CKI architecture

High-level description of the CKI setup and its architecture

In a nutshell, the CKI setup consists of the following components:

  • the GitLab pipeline and connected testing lab
  • the DataWarehouse GUI for result visualization and triaging
  • various micro services that mediate the dataflow around them

High-level architecture

The following sections describe the various parts in more detail.

Pipeline

Triggering from merge requests

For merge requests on gitlab.com, the CKI pipeline is triggered as a multi-project downstream pipeline.

An example what this looks like in practice can be seen in the .gitlab-ci.yml file in the CentOS Stream 9 kernel repository. With the templates for the trigger jobs as defined in the kernel_templates.yml file in the pipeline-definition repository, the trigger jobs eventually boil down to something like

c9s_merge_request:
  trigger:
    project: redhat/red-hat-ci-tools/kernel/cki-internal-pipelines/cki-trusted-contributors
    branch: c9s
    strategy: depend
  variables:
    ...

Triggering from Koji/Brew

Official Fedora, CentOS Stream and RHEL kernels are built using the Koji RPM building and tracking system.

When new kernel RPMs have been built, CKI testing is triggered via the koji_trigger module in the cki-tools repository.

Triggering from git repositories

For Git repositories, e.g. on git.kernel.org, CKI testing can be triggered whenever the HEAD commit of a branch changes.
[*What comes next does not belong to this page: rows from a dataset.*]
-- ===== src/Translate/Steps/Report.antt =====
-- `report`: how many distinct names of the translated tree the mapping accounts for.
use mathlib.Core.List.{append-nil, append_assoc}
use native.Mathlib.Nat.{div-le_of_le-mul}
use ndc_mock.Prelude.{
  ◌∙◌, true, false, ◌/◌, ◌≤◌, ◌≡◌, refl, not, keep_if, arith, Bool-cases, inl, inr, ap, sym, zero,
  suc, Bool, take, ℕ, ◌+◌, ◌*◌, ◌/◌, List, [], ◌∷◌, ◌++◌, String, if◌then◌else◌, ◌==◌, nat_eq, ltb,
  length,
}
use ndc_mock.Tree.{Node, Kids, elem, no_kids, kid, local_name}
use ndc_mock.Translate.Penalties.{contains}
use ndc_mock.Translate.Listed.{listed, contains-listed}

pub record Report : Type 0 where
  pub covered : ℕ
  pub unverified : ℕ
  pub samples : List String

-- The names of a tree in the order of a walk.
unfoldable mutual
  unfolding local_name

  pub names : Node → List String
  names (elem s al ks t) = local_name s ∷ names_of ks

  pub names_of : Kids → List String
  names_of no_kids = []
  names_of (kid k ks) = names k ++ names_of ks

-- One call of the walk's function, with the names that were seen.
count : List String → String → Report → Report
unfolding contains
count cov s r = if contains cov s then record r { covered = r.covered + 1 } else record r {
  unverified = r.unverified + 1;
  samples = if ltb (length r.samples) 12 then r.samples ++ (s ∷ []) else r.samples;
}

unfoldable pub report_from : List String → List String → Report → List String → Report
unfolding count contains
report_from cov seen r [] = r
report_from cov seen r (s ∷ ss) =
    let again = contains seen s in
    report_from cov (if again then seen else s ∷ seen) (if again then r else count cov s r) ss

unfoldable pub report : List String → Node → Report
unfolding report_from names
report cov root =
    report_from cov [] (record { covered = 0; unverified = 0; samples = [] }) (names root)

-- The share of the distinct names that the mapping accounts for.
unfoldable pub coverage : Report → ℕ
coverage r =
    let total = r.covered + r.unverified in if total == 0 then 100 else r.covered * 100 / total

-- The names that the walk meets for the first time, in order.
unfoldable pub fresh : List String → List String → List String
unfolding listed
fresh seen [] = []
fresh seen (s ∷ ss) =
    let rest = fresh (if listed seen s then seen else s ∷ seen) ss in
    if listed seen s then rest else s ∷ rest

-- How a report stands to one after the names `ns`, none of which comes twice.
abbrev pub IsCounted : List String → List String → Report → Report → Type 0
IsCounted cov ns r r' =
    (r'.covered ≡ r.covered + length (keep_if (listed cov) ns))
    × (r'.unverified ≡ r.unverified + length (keep_if (λ s. not (listed cov s)) ns))
    × ((us : List String)
        → r.samples ≡ take 12 us
        → r'.samples ≡ take 12 (us ++ keep_if (λ s. not (listed cov s)) ns))

take-nil : (n : ℕ) → take {A = String} n [] ≡ []
take-nil zero = refl
take-nil (suc n) = refl

-- Taking from a list that is one longer.
take-last :
    (n : ℕ) (us : List String) (s : String)
    → (if ltb (length (take n us)) n then take n us ++ (s ∷ []) else take n us)
      ≡ take n (us ++ (s ∷ []))
take-last zero us s = refl
take-last (suc n) [] s =
    let room : ltb 0 (suc n) ≡ true = ground arith in rw (room, take-nil n) refl
take-last (suc n) (u ∷ us) s =
    let same : ltb (suc (length (take n us))) (suc n) ≡ ltb (length (take n us)) n = ground arith in
    elim (Bool-cases (ltb (length (take n us)) n)) [
      | inl room ↦ rw (same, room) (ap (λ l. u ∷ l) (rw room at (take-last n us s)))
      | inr full ↦ rw (same, full) (ap (λ l. u ∷ l) (rw full at (take-last n us s)))
    ]

count-samples :
    (cov : List String) (s : String) (r : Report)
    → contains cov s ≡ false
    → (count cov s r).samples
      ≡ (if ltb (length r.samples) 12 then r.samples ++ (s ∷ []) else r.samples)
unfolding count
count-samples cov s r unknown = rw unknown refl

count-IsCounted :
    (cov : List String) (s : String) (r : Report) → IsCounted cov (s ∷ []) r (count cov s r)
unfolding count
count-IsCounted cov s r = elim (Bool-cases (listed cov s)) [
  | inl known ↦
      rw (contains-listed cov s, known)
        (omega arith, omega arith, λ us h. h ∙ ap (take 12) (sym (append-nil us)))
  | inr unknown ↦
      rw (contains-listed cov s, unknown)
        (omega arith, omega arith, λ us h. rw h (take-last 12 us s))
]

report_from-again :
    (cov seen : List String) (r : Report) (s : String) (ss : List String)
    → listed seen s ≡ true
    → (report_from cov seen r (s ∷ ss) ≡ report_from cov seen r ss)
      × (fresh seen (s ∷ ss) ≡ fresh seen ss)
unfolding report_from fresh
report_from-again cov seen r s ss h = (rw (contains-listed seen s, h, report_from), rw (h, fresh))

report_from-new :
    (cov seen : List String) (r : Report) (s : String) (ss : List String)
    → listed seen s ≡ false
    → (report_from cov seen r (s ∷ ss) ≡ report_from cov (s ∷ seen) (count cov s r) ss)
      × (fresh seen (s ∷ ss) ≡ s ∷ fresh (s ∷ seen) ss)
unfolding report_from fresh
report_from-new cov seen r s ss h = (rw (contains-listed seen s, h, report_from), rw (h, fresh))

keep_if-cons :
    (p : String → Bool) (s : String) (ns : List String)
    → keep_if p (s ∷ ns) ≡ keep_if p (s ∷ []) ++ keep_if p ns
keep_if-cons p s ns = elim (Bool-cases (p s)) [ inl e ↦ rw e refl | inr e ↦ rw e refl ]

IsCounted-trans :
    (cov : List String) (s : String) (ns : List String) (r t u : Report)
    → IsCounted cov (s ∷ []) r t
    → IsCounted cov ns t u
    → IsCounted cov (s ∷ ns) r u
IsCounted-trans cov s ns r t u (c, v, e) (c', v', e') =
    let p : String → Bool = λ x. not (listed cov x) in
    (
      ground arith,
      ground arith,
      λ us h.
          e' (us ++ keep_if p (s ∷ [])) (e us h)
          ∙ ap (take 12) (
              append_assoc us (keep_if p (s ∷ [])) (keep_if p ns)
              ∙ ap (λ l. us ++ l) (sym (keep_if-cons p s ns))),
    )

report_from-empty :
    (cov seen : List String) (r : Report) → (report_from cov seen r [] ≡ r) × (fresh seen [] ≡ [])
unfolding report_from fresh
report_from-empty cov seen r = (refl, refl)

report_from-IsCounted :
    (cov seen : List String) (r : Report) (ss : List String)
    → IsCounted cov (fresh seen ss) r (report_from cov seen r ss)
report_from-IsCounted cov seen r [] =
    let (same, none_new) = report_from-empty cov seen r in
    rw (same, none_new) (omega arith, omega arith, λ us h. h ∙ ap (take 12) (sym (append-nil us)))
report_from-IsCounted cov seen r (s ∷ ss) = elim (Bool-cases (listed seen s)) [
  | inl again ↦
      let (same, old) = report_from-again cov seen r s ss again in
      rw (same, old) (report_from-IsCounted cov seen r ss)
  | inr new ↦
      let (same, more) = report_from-new cov seen r s ss new in
      rw (same, more)
        (IsCounted-trans cov s (fresh (s ∷ seen) ss) r (count cov s r) _ (count-IsCounted cov s r)
          (report_from-IsCounted cov (s ∷ seen) (count cov s r) ss))
]

coverage-le : (r : Report) → coverage r ≤ 100
unfolding coverage
coverage-le r = elim (Bool-cases (r.covered + r.unverified == 0)) [
  | inl nothing ↦ rw nothing (omega arith)
  | inr something ↦ rw something (div-le_of_le-mul (r.covered + r.unverified) (omega arith))
]

-- A report counts each distinct name of the tree once, as covered if the mapping accounts for it
-- and as unverified otherwise, its samples are the first twelve of the unverified names in the order
-- of the walk, and its coverage is at most 100.
pub report-IsCounted :
    (cov : List String) (root : Node)
    → let r = report cov root in
      let ns = fresh [] (names root) in
      (r.covered ≡ length (keep_if (listed cov) ns))
      × (r.unverified ≡ length (keep_if (λ s. not (listed cov s)) ns))
      × (r.samples ≡ take 12 (keep_if (λ s. not (listed cov s)) ns))
      × (coverage r ≤ 100)
unfolding report
report-IsCounted cov root =
    let (c, u, e) =
      report_from-IsCounted cov [] (record { covered = 0; unverified = 0; samples = [] })
        (names root) in
    (c ∙ omega arith, u ∙ omega arith, e [] refl, coverage-le (report cov root))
This is implemented via a regular cron job calling into the gitrepo_trigger module in the cki-tools repository.

Triggering via the CKI CI Bot

To test CKI code changes before they are deployed to production, the gitlab_ci_bot module in the cki-tools repository allows to trigger canary pipelines with the new code from a merge request. The bot is implemented as a cron job and is present in all CKI projects that are used in the GitLab pipeline. As the canary pipelines running new code are based on previously successful pipelines, they are expected to complete successfully as well.

GitLab pipeline

The GitLab pipelines run in the various branches of the CKI pipeline projects. The actual pipeline code comes from the pipeline-definition repository and is included via the .gitlab-ci.yml file in the pipeline projects like

include:
  - project: cki-project/pipeline-definition
    ref: production
    file: cki_pipeline.yml

Based on the specific trigger variables of the triggered pipelines, the jobs are configured appropriately for the kernel code under test.

Testing lab

The actual testing of the kernels happens outside the GitLab pipeline in a Beaker lab via upt. The kpet-db repository hosts the database with the information to select the tests that should be run. The GitLab pipeline waits for testing to finish before continuing.

Transient failure detection

For the GitLab pipeline, network hiccups or upstream server issues might result in transient job failures that are not connected to the code under test. Next to retrying network requests wherever possible, the pipeline-herder checks failed jobs for signs of known transient problems. In that case, the failed job is automatically restarted.

For successful jobs or failed jobs where no such problems could be detected, the pipeline-herder hands the results to the next stage.

Result processing

Result submission

Results are prepared in GitLab pipeline jobs in KCIDB format. Each job tries to submit their partial result to DataWarehouse via REST API in the after-script section. In case of exceptions, the pipeline will continue gracefully just logging them to Sentry for future investigation by the team. Once the pipeline passes pipeline-herder, either successfully or reaching an unrecoverable state, it will send a message to datawarehouse-submitter, which will then submit these final results to DataWarehouse.

DataWarehouse result visualization and triage

The DataWarehouse provides access to all CKI testing results. Additionally, it allows to manage known issues, i.e. failures and errors that are tracked in an external issue tracker.

Automatic DataWarehouse result triaging

Known issues that result in specific error messages in the log files can also be automatically tagged based on regular expressions. The datawarehouse-triager is responsible for the tagging of new results and the updating of old ones should the regular expressions change.

The triager is triggered in 3 occasions:

  1. In the last stage of the pipeline, once for each build variant. This is the only occasion for CVE pipelines. If an exception occurs at this point, it should fail gracefully to be later recovered by the following executions;
  2. Triggered by objects being created or updated in DW which is a consequence of “Result submission”, i.e. job finishes (direct API call) and later when the whole pipeline finishes (via MQ through pipeline-herder, then datawarehouse-submitter hits DataWarehouse API).
  3. Whenever a Quality Engineer updates an issue regex in DataWarehouse, as long as the results were created and submitted to DW within the last two weeks.

Reporting

Continuously, the kcidb-forwarder takes care of forwarding incoming KCIDB results to the upstream KernelCI project. When all testing is finished, the gating-reporter sends UMB messages to allow kernel packages to pass through gating. The reporter is responsible for sending email reports, mostly to upstream mailing lists.